» WHAT TO PRODUCE
Only the opening lines of the listing, through the one with "IsWithin (logging i r) = i < client_requests", are to be retyped, each exactly as it stands.

» RECORDS FOR THE EXERCISE
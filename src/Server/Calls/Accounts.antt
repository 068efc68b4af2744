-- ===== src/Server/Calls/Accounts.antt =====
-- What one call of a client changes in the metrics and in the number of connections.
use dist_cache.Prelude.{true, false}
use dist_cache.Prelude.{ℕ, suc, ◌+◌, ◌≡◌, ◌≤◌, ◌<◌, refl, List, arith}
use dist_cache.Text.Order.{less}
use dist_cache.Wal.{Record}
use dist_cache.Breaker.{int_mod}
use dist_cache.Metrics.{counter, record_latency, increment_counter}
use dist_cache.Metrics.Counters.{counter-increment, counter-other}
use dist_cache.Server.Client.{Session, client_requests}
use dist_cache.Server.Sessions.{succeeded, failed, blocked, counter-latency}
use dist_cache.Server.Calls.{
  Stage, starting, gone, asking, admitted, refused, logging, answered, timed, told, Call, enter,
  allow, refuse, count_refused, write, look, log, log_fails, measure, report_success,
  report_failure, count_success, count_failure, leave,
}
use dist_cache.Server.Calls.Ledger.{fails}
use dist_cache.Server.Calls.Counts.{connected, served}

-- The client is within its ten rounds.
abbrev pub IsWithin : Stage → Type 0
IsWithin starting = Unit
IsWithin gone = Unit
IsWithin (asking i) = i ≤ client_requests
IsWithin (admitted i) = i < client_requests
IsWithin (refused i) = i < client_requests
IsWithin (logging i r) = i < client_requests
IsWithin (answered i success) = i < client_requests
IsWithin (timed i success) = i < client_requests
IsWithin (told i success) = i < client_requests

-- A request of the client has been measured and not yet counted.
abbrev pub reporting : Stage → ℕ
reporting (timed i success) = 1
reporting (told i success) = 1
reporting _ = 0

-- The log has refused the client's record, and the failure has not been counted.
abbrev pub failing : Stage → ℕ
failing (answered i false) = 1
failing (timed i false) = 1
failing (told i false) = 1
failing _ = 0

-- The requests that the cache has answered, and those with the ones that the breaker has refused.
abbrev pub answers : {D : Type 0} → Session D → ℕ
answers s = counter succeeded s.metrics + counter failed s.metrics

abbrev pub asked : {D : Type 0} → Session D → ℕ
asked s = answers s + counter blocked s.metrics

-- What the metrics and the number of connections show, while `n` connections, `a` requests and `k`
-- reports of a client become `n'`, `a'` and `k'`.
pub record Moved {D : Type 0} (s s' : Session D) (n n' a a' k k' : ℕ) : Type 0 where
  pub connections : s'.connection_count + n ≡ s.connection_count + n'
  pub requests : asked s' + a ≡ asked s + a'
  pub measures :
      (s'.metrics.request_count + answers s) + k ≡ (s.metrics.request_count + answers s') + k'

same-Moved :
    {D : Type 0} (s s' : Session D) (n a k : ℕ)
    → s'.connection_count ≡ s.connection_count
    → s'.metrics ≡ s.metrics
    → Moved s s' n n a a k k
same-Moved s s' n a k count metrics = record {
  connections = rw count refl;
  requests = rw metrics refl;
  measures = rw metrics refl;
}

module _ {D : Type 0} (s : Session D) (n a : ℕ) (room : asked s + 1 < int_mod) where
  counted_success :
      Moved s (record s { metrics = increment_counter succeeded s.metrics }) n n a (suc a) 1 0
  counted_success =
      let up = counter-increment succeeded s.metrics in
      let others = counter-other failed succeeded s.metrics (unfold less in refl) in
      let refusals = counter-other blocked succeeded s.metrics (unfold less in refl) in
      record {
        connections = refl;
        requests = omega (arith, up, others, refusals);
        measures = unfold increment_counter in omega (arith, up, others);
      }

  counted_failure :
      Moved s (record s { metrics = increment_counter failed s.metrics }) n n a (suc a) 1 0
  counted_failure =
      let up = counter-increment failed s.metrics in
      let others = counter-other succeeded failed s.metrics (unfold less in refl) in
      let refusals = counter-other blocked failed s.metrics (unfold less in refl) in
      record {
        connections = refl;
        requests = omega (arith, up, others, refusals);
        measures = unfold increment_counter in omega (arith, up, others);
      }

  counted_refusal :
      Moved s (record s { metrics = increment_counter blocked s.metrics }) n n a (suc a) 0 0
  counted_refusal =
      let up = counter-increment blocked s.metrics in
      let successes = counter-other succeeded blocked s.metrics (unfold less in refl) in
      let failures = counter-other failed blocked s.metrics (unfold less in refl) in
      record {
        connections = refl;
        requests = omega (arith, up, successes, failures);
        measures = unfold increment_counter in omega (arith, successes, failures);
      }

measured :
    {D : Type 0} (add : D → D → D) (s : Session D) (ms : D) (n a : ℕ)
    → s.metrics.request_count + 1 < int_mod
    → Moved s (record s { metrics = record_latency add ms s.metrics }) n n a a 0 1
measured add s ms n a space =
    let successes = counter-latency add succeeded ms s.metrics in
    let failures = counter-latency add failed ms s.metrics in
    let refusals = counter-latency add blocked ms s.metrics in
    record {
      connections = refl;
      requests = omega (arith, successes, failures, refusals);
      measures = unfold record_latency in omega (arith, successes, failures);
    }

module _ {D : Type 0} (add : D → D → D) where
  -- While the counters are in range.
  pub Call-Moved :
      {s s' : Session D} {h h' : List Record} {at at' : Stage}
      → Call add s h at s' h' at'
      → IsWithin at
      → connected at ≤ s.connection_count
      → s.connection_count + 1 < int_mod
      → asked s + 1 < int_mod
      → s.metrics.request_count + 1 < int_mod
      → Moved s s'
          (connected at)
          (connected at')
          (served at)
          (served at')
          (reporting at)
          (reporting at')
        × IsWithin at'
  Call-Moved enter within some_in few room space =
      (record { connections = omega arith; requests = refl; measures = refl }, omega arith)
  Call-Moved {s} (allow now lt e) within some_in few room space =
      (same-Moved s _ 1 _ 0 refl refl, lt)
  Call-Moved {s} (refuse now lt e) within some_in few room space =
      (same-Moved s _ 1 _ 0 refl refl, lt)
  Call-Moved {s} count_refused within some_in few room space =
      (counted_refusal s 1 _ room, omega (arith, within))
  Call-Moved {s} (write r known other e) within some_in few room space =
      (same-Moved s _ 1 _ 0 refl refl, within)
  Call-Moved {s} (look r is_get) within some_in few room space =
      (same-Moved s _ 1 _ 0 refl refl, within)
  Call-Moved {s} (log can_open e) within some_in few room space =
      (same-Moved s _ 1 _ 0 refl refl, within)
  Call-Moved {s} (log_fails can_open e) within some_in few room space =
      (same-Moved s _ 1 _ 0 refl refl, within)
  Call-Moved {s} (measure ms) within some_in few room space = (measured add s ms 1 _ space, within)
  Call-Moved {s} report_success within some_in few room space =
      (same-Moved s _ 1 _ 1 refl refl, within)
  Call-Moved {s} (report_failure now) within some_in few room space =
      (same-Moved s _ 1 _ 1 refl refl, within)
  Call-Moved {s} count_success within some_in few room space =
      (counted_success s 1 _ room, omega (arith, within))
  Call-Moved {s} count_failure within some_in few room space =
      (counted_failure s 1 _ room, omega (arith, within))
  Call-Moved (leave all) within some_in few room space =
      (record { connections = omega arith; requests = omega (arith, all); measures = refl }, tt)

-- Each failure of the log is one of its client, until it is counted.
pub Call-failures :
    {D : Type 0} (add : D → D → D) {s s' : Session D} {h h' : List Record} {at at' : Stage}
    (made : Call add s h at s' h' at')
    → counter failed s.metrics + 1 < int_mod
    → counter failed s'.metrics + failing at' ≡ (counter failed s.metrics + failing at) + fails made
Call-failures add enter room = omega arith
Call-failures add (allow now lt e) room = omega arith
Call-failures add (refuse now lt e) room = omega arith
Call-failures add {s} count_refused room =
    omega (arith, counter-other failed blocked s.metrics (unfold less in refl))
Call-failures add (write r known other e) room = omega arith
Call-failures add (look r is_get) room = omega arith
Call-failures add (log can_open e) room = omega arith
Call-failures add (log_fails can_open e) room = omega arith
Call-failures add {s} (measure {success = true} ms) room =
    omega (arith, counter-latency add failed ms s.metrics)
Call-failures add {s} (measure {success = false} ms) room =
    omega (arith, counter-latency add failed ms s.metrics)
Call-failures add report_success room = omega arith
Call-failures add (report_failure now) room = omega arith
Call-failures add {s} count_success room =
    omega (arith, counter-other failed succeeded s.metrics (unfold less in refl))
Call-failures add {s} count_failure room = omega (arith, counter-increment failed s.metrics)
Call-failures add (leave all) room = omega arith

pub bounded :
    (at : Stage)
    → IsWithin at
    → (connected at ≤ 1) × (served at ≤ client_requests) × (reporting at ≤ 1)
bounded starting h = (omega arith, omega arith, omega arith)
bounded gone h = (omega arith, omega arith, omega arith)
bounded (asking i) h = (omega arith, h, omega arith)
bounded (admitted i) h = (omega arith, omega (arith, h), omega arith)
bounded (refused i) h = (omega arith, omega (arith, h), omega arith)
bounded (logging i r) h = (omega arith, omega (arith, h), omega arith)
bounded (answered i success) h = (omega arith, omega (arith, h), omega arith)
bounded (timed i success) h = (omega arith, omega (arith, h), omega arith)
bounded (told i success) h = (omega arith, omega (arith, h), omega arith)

» ANSWER TO THIS TASK
filename src/Server/Calls/Accounts.antt
repository 068efc68b4af2744
-- ===== src/Server/Calls/Accounts.antt =====
-- What one call of a client changes in the metrics and in the number of connections.
use dist_cache.Prelude.{true, false}
use dist_cache.Prelude.{ℕ, suc, ◌+◌, ◌≡◌, ◌≤◌, ◌<◌, refl, List, arith}
use dist_cache.Text.Order.{less}
use dist_cache.Wal.{Record}
use dist_cache.Breaker.{int_mod}
use dist_cache.Metrics.{counter, record_latency, increment_counter}
use dist_cache.Metrics.Counters.{counter-increment, counter-other}
use dist_cache.Server.Client.{Session, client_requests}
use dist_cache.Server.Sessions.{succeeded, failed, blocked, counter-latency}
use dist_cache.Server.Calls.{
  Stage, starting, gone, asking, admitted, refused, logging, answered, timed, told, Call, enter,
  allow, refuse, count_refused, write, look, log, log_fails, measure, report_success,
  report_failure, count_success, count_failure, leave,
}
use dist_cache.Server.Calls.Ledger.{fails}
use dist_cache.Server.Calls.Counts.{connected, served}

-- The client is within its ten rounds.
abbrev pub IsWithin : Stage → Type 0
IsWithin starting = Unit
IsWithin gone = Unit
IsWithin (asking i) = i ≤ client_requests
IsWithin (admitted i) = i < client_requests
IsWithin (refused i) = i < client_requests
IsWithin (logging i r) = i < client_requests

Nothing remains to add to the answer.